> **Task description**
Please print every record that follows, keeping each one exactly as it is.

BEGIN Task input

-- ===== src/Kube/Condition.antt =====
-- `metav1.Condition`, as the reconcilers fill it in, and the reading of a list of conditions.
use bruk.Prelude.{String, Bool, true, false, List, [], ◌∷◌, Option, none, some}
use bruk.Prelude.{str_eq, if◌then◌else◌}
use bruk.Prelude.Int.{ℤ}

pub data ConditionStatus : Type 0 where
  condition_true condition_false condition_unknown : ConditionStatus

pub record Condition : Type 0 where
  pub type : String
  pub status : ConditionStatus
  pub reason : String
  pub message : String
  pub observed_generation : ℤ

-- The condition of a type, as `meta.FindStatusCondition` and `kubectl` read it.
unfoldable pub find_status_condition : List Condition → String → Option Condition
find_status_condition [] type = none
find_status_condition (c ∷ cs) type =
    if str_eq c.type type then some c else find_status_condition cs type

abbrev pub is_condition_true : ConditionStatus → Bool
is_condition_true condition_true = true
is_condition_true _ = false

abbrev pub status_of : Option Condition → ConditionStatus
status_of none = condition_unknown
status_of (some c) = c.status

-- The status that a list of conditions shows for a type; a missing one is unknown.
abbrev pub condition_status : List Condition → String → ConditionStatus
condition_status cs type = status_of (find_status_condition cs type)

END Task input

> **Solution to the exercise**
-- ===== src/Kube/Condition.antt =====
-- `metav1.Condition`, as the reconcilers fill it in, and the reading of a list of conditions.
use bruk.Prelude.{String, Bool, true, false, List, [], ◌∷◌, Option, none, some}
use bruk.Prelude.{str_eq, if◌then◌else◌}
use bruk.Prelude.Int.{ℤ}

pub data ConditionStatus : Type 0 where
  condition_true condition_false condition_unknown : ConditionStatus

pub record Condition : Type 0 where
  pub type : String
  pub status : ConditionStatus
  pub reason : String
  pub message : String
  pub observed_generation : ℤ

-- The condition of a type, as `meta.FindStatusCondition` and `kubectl` read it.
unfoldable pub find_status_condition : List Condition → String → Option Condition
find_status_condition [] type = none
find_status_condition (c ∷ cs) type =
    if str_eq c.type type then some c else find_status_condition cs type

abbrev pub is_condition_true : ConditionStatus → Bool
is_condition_true condition_true = true
is_condition_true _ = false

abbrev pub status_of : Option Condition → ConditionStatus
status_of none = condition_unknown
status_of (some c) = c.status

-- The status that a list of conditions shows for a type; a missing one is unknown.
abbrev pub condition_status : List Condition → String → ConditionStatus
condition_status cs type = status_of (find_status_condition cs type)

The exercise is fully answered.